In the opinion of Kamil Kłysiński of the OSH and authors of the study of the Analyst Group "Belarus-Ukraine-Region", the elections were of the nature of a "special operation"[19] or ‘specifications’[20]. It can be agreed that this was an event involving crucial forces and funds of the Belarusian State to make the undemocratic electoral process credible, which would, at least partially, reconstruct the legitimacy of Alaksandr Lukashenko as president of Belarus. However, the usage of the word ‘specification’ or ‘special operation’ in the analysis of this event appears to be an activity for growth.

Post-election perspectives

Further developments in Belarus and its immediate global environment are hard to predict. Nevertheless, the readers below will find a forecast for both the interior situation and the external neighbour of Poland.

With respect to Lukashenko herself, the analysis should be started with individual factors. On August 30 this year, Alaksandr Łukshenka will turn 71. Given the standards of Belarus, he has already exceeded the average life expectancy of a man (69.8 years). From the available materials it is clear that he no longer enjoys specified wellness as he enjoyed a fewer years ago. No uncertainty his wellness was affected by fear of physical safety during the 2020 events and, nevertheless bad it may sound, by directing further waves of repression.

Lukashenko is increasingly tense in her dealings with coworkers and his subordinate officials, and these are not just attempts to make an image in front of tv cameras. Moreover, over the years, the dominant autocreation of a "strong man" is becoming increasingly uncommon in the face of apparent overweight and prolonged wellness problems, among others, with advanced airways, which made it importantly hard for a politician to participate in regular duties. Lukashenko himself tried to minimize the ailments and unequivocally denied any reports of mediocre health. However, his comments may sometimes feel a sense of fear for the future.

As the seventh word of office itself is to be his last as president. The issue of consequences remains so open. Lukashenko clearly denied the thought that 1 of his sons could win him. In this context, the youngest Mikalaj ("Kola") was most frequently mentioned, but this year he is 21 years old, so he is 19 years short of constitutional passive electoral law in the election for president of the Republic.

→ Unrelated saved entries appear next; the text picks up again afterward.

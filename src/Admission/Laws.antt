-- ===== src/Admission/Laws.antt =====
-- What an admitted object has passed, and what the answer leaves out.
use vast_csi.Prelude.{
  String, Bool, true, ◌≡◌, refl, Option, none, some, List, [], ◌∷◌, Result, ok, err, arith, All,
  Pairwise,
}
use vast_csi.Spec.Types.{
  ReplicationTarget, VastStorageClassReplicationSpec, VastVolumeReplicationSpec,
}
use vast_csi.Spec.Classes.{all_storage_classes}
use vast_csi.Spec.Validation.{SpecError, validate_vscr, validate_vvr}
use vast_csi.Admission.{Response, allowed, denied, errored, is_allowed, patch_of, allow, ◌⨾◌}
use vast_csi.Admission.Clients.{Outside}
use vast_csi.Admission.Storage.{validate_storage_class_consistency}
use vast_csi.Admission.Claims.{Owner, Self, Replication, vscr, check_unused, validate}
use vast_csi.Admission.Handlers.{
  Operation, create, other, update, Request, update_response, spec_response, on_create, create_vscr,
  create_vvr, handle_vscr, handle_vvr,
}
use vast_csi.Admission.Shape.{SameShape, validate_topology_immutable_iff}
use vast_csi.Admission.Exclusive.{IsUnclaimed, validate_iff}

allowed-⨾ :
    (r s : Response) → is_allowed (r ⨾ s) ≡ true → (is_allowed r ≡ true) × (is_allowed s ≡ true)
allowed-⨾ (allowed p) s h = (refl, h)
allowed-⨾ (denied d) s h = absurd cc
allowed-⨾ errored s h = absurd cc

patch_of-⨾ : (r s : Response) → patch_of s ≡ none → patch_of (r ⨾ s) ≡ none
patch_of-⨾ (allowed p) s h = h
patch_of-⨾ (denied d) s h = refl
patch_of-⨾ errored s h = refl

allowed-chain :
    (a b c d e : Response)
    → is_allowed (a ⨾ b ⨾ c ⨾ d ⨾ e) ≡ true
    → (is_allowed a ≡ true) × (is_allowed b ≡ true) × (is_allowed e ≡ true)
allowed-chain a b c d e h =
    let (first, h1) = allowed-⨾ a (b ⨾ c ⨾ d ⨾ e) h in
    let (second, h2) = allowed-⨾ b (c ⨾ d ⨾ e) h1 in
    let (_, h3) = allowed-⨾ c (d ⨾ e) h2 in
    let (_, last) = allowed-⨾ d e h3 in (first, second, last)

patch_of-chain : (a b c d e : Response) → patch_of e ≡ none → patch_of (a ⨾ b ⨾ c ⨾ d ⨾ e) ≡ none
patch_of-chain a b c d e h =
    patch_of-⨾ a (b ⨾ c ⨾ d ⨾ e)
      (patch_of-⨾ b (c ⨾ d ⨾ e) (patch_of-⨾ c (d ⨾ e) (patch_of-⨾ d e h)))

patch_of-check_unused :
    (used : List (String × Owner)) (classes : List String)
    → patch_of (check_unused used classes) ≡ none
unfolding check_unused
patch_of-check_unused used [] = refl
patch_of-check_unused used (sc ∷ classes) = ground (arith, patch_of-check_unused used classes)

patch_of-validate :
    (vscrs vvrs : Option (List Replication)) (self : Self) (classes : List String)
    → patch_of (validate vscrs vvrs self classes) ≡ none
unfolding validate
patch_of-validate none vvrs self classes = refl
patch_of-validate (some vscrs) none self classes = refl
patch_of-validate (some vscrs) (some vvrs) self classes = patch_of-check_unused _ classes

-- What an operation lets an update do.
abbrev pub KeepsShape : Operation → List ReplicationTarget → Type 0
KeepsShape create topology = Unit
KeepsShape other topology = Unit
KeepsShape (update none) topology = ⊥
KeepsShape (update (some old)) topology = Pairwise SameShape old topology

update_response-KeepsShape :
    (o : Operation) (topology : List ReplicationTarget)
    → is_allowed (update_response o topology) ≡ true
    → KeepsShape o topology
update_response-KeepsShape create topology h = tt
update_response-KeepsShape other topology h = tt
update_response-KeepsShape (update none) topology h = absurd cc
update_response-KeepsShape (update (some old)) topology h =
    (validate_topology_immutable_iff old topology).0 h

spec_response-ok :
    (r : Result SpecError (Unit {0})) → is_allowed (spec_response r) ≡ true → r ≡ ok tt
spec_response-ok (ok tt) h = refl
spec_response-ok (err e) h = absurd cc

unclaimed :
    (vscrs vvrs : Option (List Replication)) (self : Self) (classes : List String)
    → is_allowed (validate vscrs vvrs self classes) ≡ true
    → (seen : List Replication × List Replication) × (vscrs ≡ some seen.0)
      × (vvrs ≡ some seen.1)
      × All (IsUnclaimed seen.0 seen.1 self) classes
unfolding validate
unclaimed none vvrs self classes e = absurd cc
unclaimed (some xs) none self classes e = absurd cc
unclaimed (some xs) (some ys) self classes e =
    ((xs, ys), refl, refl, (validate_iff xs ys self classes).0 e)

module _ {Rest E : Type 0} (outside : Outside Rest E) (time_parse : String → String → Bool) where
  -- A VSCR that the webhook admits is valid, none of its StorageClasses is in another VSCR or VVR of
  -- the lists that the webhook has read, and on an update its topology has kept its shape. A webhook
  -- that cannot read one of the lists admits nothing.
  pub handle_vscr_sound :
      (vscrs vvrs : Option (List Replication)) (r : Request VastStorageClassReplicationSpec)
      → is_allowed (handle_vscr outside time_parse vscrs vvrs (some r)) ≡ true
      → (validate_vscr time_parse r.spec ≡ ok tt)
        × KeepsShape r.operation r.spec.protection_topology
        × (seen : List Replication × List Replication) × (vscrs ≡ some seen.0)
        × (vvrs ≡ some seen.1)
        × All
            (IsUnclaimed seen.0 seen.1
              (record { kind = vscr; namespace = r.namespace; name = r.name }))
            (all_storage_classes r.spec.protection_topology)
  unfolding handle_vscr
  handle_vscr_sound vscrs vvrs r h =
      let classes = all_storage_classes r.spec.protection_topology in
      let self : Self = record { kind = vscr; namespace = r.namespace; name = r.name } in
      let (shape, spec, free) =
        allowed-chain (update_response r.operation r.spec.protection_topology)
          (spec_response (validate_vscr time_parse r.spec))
          (on_create r.operation (create_vscr outside time_parse r))
          (validate_storage_class_consistency outside classes) (validate vscrs vvrs self classes)
          h in
      let (seen, first, second, all) = unclaimed vscrs vvrs self classes free in
      (
        spec_response-ok (validate_vscr time_parse r.spec) spec,
        update_response-KeepsShape r.operation r.spec.protection_topology shape,
        seen,
        first,
        second,
        all,
      )

  vscr_patches_nothing :
      (vscrs vvrs : Option (List Replication))
      (r : Option (Request VastStorageClassReplicationSpec))
      → patch_of (handle_vscr outside time_parse vscrs vvrs r) ≡ none
  unfolding handle_vscr
  vscr_patches_nothing vscrs vvrs none = refl
  vscr_patches_nothing vscrs vvrs (some r) =
      let classes = all_storage_classes r.spec.protection_topology in
      let self : Self = record { kind = vscr; namespace = r.namespace; name = r.name } in
      patch_of-chain (update_response r.operation r.spec.protection_topology)
        (spec_response (validate_vscr time_parse r.spec))
        (on_create r.operation (create_vscr outside time_parse r))
        (validate_storage_class_consistency outside classes) (validate vscrs vvrs self classes)
        (patch_of-validate vscrs vvrs self classes)

  vvr_patches_nothing :
      (pvc_namespace : String) (r : Option (Request VastVolumeReplicationSpec))
      → patch_of (handle_vvr outside time_parse pvc_namespace r) ≡ none
  unfolding handle_vvr
  vvr_patches_nothing pvc_namespace none = refl
  vvr_patches_nothing pvc_namespace (some r) =
      patch_of-chain (update_response r.operation r.spec.protection_topology)
        (spec_response (validate_vvr time_parse r.spec))
        (on_create r.operation (create_vvr outside time_parse pvc_namespace r))
        (validate_storage_class_consistency outside
          (all_storage_classes r.spec.protection_topology))
        allow refl

  -- The answer of either webhook carries no patch, also where a peer has been discovered on creation
  -- and `validateAndDefaultTopology` has answered with one.
  pub handlers_patch_nothing :
      (vscrs vvrs : Option (List Replication)) (pvc_namespace : String)
      (r : Option (Request VastStorageClassReplicationSpec))
      (s : Option (Request VastVolumeReplicationSpec))
      → (patch_of (handle_vscr outside time_parse vscrs vvrs r) ≡ none)
        × (patch_of (handle_vvr outside time_parse pvc_namespace s) ≡ none)
  handlers_patch_nothing vscrs vvrs ns r s =
      (vscr_patches_nothing vscrs vvrs r, vvr_patches_nothing ns s)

I'm certain your father doesn't have that much time. The president himself announces the choice of a successor from among the most capable officials. He will most likely personally point to him, leaving for example the position of president of the Bureau of the People's General Belarus Assembly.

The 2020 elections and subsequent repressive waves, as well as mass emigration, have exhausted the possible of Belarusian opposition. The society is dominated by passive individuals and focused on ensuring a adequate standard of surviving in an unfavourable economical environment. There is besides a group of active supporters of authorities who in de facto A non-ideoic government should be classified as conformists curious in building a career in state structures.

In this situation, anti-presidential protests or another forms of universal protest of the existing political order should not be expected in the close future. possibly the absence of protests and the inauguration of the fresh word of office for Lukashenko will be an excuse for utilizing the "carrot" society in the form of even partial relief of repression and dismissal of political prisoners. This can be done in the form of amnesty towards shorter sentences. In the case of the most crucial convicts, it is likely that a request for the application of the law of grace will be a condition of possible dismissal, and hence designation of Lukashenko's legitimacy as head of state. In order for this kind of action to happen, the new-old president must feel assured again in his position. 2 weeks since the election, that's what it is.

The analysis of the global situation of Belarus should definitely start with its most powerful neighbour - Russia. In the coming years, the dominant state in Belarus will stay in all dimension. The Belarusian economy, including the military-industrial complex, will stay integrated into the Russian war economy supply chain. The close unions of the armed forces and safety authorities of both countries will besides be nurtured, with the actual submission of both spheres of the safety policy of the Russian Federation.

There has been a trend that can strengthen Russian influence and at the same time have a very negative impact on Western perception. It is about reversing the trend of selection of abroad education by Belarusian students. Last year, for the first time in years, most of them chose an east neighbour, not Western European countries[21]. Maintaining this is convenient for both Minsk and Moscow. From their perspective, young people will not be exposed to the influence of “enemy” propaganda. Remember, these people will in the future decide the destiny of their homeland and its relations with their neighbours.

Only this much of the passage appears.